__Exercise directions__.
Give back exactly the lines of the material below, starting with the line with "Reply.popped (some 6)" and going on through the line with "(some 9, q))".

__Exercise inputs__.

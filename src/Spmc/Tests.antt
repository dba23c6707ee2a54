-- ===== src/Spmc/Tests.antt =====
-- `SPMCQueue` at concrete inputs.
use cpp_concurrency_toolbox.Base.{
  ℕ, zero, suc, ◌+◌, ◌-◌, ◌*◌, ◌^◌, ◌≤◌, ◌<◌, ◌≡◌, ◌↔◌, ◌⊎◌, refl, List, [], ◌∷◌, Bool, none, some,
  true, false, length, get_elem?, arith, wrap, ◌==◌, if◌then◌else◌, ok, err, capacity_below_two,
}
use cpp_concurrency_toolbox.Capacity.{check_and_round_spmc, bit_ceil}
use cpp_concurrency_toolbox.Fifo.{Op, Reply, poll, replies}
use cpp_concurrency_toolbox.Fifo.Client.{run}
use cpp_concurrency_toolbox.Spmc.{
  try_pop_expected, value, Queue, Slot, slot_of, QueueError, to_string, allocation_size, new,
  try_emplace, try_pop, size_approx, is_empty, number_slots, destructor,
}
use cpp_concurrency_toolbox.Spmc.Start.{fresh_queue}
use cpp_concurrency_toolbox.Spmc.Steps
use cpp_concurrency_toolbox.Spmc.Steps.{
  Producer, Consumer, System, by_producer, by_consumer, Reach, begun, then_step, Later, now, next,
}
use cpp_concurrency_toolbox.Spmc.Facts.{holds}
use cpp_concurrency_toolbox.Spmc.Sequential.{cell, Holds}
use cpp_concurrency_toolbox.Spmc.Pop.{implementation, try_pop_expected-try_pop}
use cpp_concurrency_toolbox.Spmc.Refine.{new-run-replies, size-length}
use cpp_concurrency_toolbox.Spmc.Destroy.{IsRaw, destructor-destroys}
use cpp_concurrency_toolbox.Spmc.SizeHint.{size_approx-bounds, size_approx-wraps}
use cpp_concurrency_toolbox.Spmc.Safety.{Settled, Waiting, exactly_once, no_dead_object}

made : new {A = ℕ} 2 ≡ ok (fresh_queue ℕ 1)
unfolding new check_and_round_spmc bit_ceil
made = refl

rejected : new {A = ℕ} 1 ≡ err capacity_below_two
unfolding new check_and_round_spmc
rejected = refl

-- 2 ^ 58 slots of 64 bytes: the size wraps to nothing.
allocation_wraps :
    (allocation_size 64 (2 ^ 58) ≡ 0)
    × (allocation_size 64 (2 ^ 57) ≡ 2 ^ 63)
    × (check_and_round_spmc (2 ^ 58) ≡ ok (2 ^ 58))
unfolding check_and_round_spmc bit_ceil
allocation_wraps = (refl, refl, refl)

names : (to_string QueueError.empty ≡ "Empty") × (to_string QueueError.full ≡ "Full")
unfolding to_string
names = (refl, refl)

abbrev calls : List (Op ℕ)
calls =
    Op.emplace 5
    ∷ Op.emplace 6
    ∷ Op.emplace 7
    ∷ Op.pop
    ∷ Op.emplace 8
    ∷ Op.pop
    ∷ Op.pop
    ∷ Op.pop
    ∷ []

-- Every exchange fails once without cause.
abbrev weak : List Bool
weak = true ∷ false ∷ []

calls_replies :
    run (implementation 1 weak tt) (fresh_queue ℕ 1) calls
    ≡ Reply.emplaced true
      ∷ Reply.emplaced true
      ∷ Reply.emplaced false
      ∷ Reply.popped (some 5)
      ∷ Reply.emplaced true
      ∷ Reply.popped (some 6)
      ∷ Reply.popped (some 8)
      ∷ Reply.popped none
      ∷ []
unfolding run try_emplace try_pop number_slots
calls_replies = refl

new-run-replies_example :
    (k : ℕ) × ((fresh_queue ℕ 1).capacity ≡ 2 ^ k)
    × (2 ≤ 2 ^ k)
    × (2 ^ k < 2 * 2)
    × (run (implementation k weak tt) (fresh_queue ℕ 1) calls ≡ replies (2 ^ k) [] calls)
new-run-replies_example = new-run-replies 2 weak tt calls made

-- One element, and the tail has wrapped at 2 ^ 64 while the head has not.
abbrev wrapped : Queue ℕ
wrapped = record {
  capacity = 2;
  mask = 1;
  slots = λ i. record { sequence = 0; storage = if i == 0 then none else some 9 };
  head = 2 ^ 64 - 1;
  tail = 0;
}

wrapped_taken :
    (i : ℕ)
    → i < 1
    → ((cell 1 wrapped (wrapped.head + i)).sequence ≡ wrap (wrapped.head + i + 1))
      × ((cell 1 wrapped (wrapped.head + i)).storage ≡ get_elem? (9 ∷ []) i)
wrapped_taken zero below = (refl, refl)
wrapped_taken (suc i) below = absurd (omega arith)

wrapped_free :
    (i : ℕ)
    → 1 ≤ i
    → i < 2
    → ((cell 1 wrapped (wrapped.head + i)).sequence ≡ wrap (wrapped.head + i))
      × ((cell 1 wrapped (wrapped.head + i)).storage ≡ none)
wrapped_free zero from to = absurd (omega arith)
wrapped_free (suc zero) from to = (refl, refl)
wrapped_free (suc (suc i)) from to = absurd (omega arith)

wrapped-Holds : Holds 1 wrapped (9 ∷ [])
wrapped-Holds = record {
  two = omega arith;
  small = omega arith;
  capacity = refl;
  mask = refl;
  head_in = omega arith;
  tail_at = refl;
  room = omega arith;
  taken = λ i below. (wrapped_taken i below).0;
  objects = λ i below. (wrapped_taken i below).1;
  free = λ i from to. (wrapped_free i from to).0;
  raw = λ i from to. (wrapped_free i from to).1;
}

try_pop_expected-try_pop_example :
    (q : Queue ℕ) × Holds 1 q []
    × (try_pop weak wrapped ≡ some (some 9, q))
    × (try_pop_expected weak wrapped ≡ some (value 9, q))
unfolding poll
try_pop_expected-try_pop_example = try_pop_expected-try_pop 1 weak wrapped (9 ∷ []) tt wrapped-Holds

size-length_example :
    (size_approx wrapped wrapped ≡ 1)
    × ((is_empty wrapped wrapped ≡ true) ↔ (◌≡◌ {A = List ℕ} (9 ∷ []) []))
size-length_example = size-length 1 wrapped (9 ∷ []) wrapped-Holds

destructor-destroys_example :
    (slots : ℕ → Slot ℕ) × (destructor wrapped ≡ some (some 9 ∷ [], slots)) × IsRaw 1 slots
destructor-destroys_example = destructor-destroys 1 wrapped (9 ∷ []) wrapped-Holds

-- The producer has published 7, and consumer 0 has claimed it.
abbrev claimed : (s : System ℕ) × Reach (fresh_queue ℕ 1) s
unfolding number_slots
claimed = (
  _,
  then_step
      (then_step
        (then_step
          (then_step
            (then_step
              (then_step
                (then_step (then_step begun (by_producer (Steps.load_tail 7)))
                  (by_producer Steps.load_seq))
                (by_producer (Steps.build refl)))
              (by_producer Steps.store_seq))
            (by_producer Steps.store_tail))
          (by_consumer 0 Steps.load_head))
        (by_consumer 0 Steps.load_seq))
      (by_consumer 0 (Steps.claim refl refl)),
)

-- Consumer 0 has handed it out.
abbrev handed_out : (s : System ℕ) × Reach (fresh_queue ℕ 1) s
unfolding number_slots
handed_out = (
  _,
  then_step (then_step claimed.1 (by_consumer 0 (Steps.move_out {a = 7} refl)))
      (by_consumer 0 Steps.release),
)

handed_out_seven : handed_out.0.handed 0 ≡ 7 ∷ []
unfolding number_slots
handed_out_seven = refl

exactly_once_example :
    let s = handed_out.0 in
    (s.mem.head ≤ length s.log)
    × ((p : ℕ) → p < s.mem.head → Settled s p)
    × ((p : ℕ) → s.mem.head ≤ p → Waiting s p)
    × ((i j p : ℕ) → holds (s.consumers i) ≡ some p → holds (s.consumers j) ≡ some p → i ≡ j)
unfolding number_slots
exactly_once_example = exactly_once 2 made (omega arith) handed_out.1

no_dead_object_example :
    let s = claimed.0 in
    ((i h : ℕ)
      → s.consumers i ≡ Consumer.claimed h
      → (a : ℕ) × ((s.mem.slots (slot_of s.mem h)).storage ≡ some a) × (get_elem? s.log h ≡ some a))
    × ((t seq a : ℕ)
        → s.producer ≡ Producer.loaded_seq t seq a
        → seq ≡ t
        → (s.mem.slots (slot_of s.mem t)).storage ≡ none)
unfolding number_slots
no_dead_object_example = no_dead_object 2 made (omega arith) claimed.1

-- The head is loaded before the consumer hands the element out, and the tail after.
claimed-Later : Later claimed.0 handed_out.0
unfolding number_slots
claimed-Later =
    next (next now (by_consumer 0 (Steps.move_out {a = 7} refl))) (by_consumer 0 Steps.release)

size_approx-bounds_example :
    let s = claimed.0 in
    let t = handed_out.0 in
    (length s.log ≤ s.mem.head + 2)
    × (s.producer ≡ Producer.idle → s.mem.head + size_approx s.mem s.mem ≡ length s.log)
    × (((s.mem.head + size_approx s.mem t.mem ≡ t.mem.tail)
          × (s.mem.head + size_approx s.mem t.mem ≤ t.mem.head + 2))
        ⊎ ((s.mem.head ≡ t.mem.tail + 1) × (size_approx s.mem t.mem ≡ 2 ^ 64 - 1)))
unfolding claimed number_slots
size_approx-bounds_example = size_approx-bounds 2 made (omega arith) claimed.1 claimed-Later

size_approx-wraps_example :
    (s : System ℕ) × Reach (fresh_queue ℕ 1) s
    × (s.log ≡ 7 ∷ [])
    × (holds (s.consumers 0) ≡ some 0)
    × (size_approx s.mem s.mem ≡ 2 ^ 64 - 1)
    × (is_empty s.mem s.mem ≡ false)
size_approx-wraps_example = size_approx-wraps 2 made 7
==
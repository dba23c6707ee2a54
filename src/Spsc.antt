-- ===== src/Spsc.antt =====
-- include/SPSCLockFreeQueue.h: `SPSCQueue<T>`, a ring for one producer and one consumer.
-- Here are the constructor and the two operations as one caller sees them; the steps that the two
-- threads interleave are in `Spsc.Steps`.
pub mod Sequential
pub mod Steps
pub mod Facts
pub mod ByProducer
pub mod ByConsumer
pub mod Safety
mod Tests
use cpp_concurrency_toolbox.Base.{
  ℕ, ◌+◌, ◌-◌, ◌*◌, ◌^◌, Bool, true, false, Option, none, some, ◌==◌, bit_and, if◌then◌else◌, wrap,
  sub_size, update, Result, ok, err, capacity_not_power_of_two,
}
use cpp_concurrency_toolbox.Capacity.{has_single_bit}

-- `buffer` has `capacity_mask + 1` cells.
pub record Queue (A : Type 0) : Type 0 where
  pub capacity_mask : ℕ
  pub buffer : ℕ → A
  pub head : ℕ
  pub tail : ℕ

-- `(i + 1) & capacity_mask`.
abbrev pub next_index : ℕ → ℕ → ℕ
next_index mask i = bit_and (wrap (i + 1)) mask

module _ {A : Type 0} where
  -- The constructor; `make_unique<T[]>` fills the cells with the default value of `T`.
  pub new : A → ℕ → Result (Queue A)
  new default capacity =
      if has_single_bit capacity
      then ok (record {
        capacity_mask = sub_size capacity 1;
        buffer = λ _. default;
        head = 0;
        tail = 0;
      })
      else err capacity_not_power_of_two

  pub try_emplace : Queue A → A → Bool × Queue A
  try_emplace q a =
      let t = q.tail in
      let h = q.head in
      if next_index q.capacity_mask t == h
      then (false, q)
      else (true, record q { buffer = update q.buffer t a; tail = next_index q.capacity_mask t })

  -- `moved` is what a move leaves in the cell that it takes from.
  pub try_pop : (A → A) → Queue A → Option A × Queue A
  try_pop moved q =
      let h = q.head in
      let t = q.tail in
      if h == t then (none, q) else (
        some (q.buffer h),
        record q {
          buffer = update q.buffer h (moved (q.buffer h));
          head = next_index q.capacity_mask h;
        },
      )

__Reply to the task__.
      ∷ Reply.popped (some 6)
      ∷ Reply.popped (some 8)
      ∷ Reply.popped none
      ∷ []
unfolding run try_emplace try_pop number_slots
calls_replies = refl

new-run-replies_example :
    (k : ℕ) × ((fresh_queue ℕ 1).capacity ≡ 2 ^ k)
    × (2 ≤ 2 ^ k)
    × (2 ^ k < 2 * 2)
    × (run (implementation k weak tt) (fresh_queue ℕ 1) calls ≡ replies (2 ^ k) [] calls)
new-run-replies_example = new-run-replies 2 weak tt calls made

-- One element, and the tail has wrapped at 2 ^ 64 while the head has not.
abbrev wrapped : Queue ℕ
wrapped = record {
  capacity = 2;
  mask = 1;
  slots = λ i. record { sequence = 0; storage = if i == 0 then none else some 9 };
  head = 2 ^ 64 - 1;
  tail = 0;
}

wrapped_taken :
    (i : ℕ)
    → i < 1
    → ((cell 1 wrapped (wrapped.head + i)).sequence ≡ wrap (wrapped.head + i + 1))
      × ((cell 1 wrapped (wrapped.head + i)).storage ≡ get_elem? (9 ∷ []) i)
wrapped_taken zero below = (refl, refl)
wrapped_taken (suc i) below = absurd (omega arith)

wrapped_free :
    (i : ℕ)
    → 1 ≤ i
    → i < 2
    → ((cell 1 wrapped (wrapped.head + i)).sequence ≡ wrap (wrapped.head + i))
      × ((cell 1 wrapped (wrapped.head + i)).storage ≡ none)
wrapped_free zero from to = absurd (omega arith)
wrapped_free (suc zero) from to = (refl, refl)
wrapped_free (suc (suc i)) from to = absurd (omega arith)

wrapped-Holds : Holds 1 wrapped (9 ∷ [])
wrapped-Holds = record {
  two = omega arith;
  small = omega arith;
  capacity = refl;
  mask = refl;
  head_in = omega arith;
  tail_at = refl;
  room = omega arith;
  taken = λ i below. (wrapped_taken i below).0;
  objects = λ i below. (wrapped_taken i below).1;
  free = λ i from to. (wrapped_free i from to).0;
  raw = λ i from to. (wrapped_free i from to).1;
}

try_pop_expected-try_pop_example :
    (q : Queue ℕ) × Holds 1 q []
    × (try_pop weak wrapped ≡ some (some 9, q))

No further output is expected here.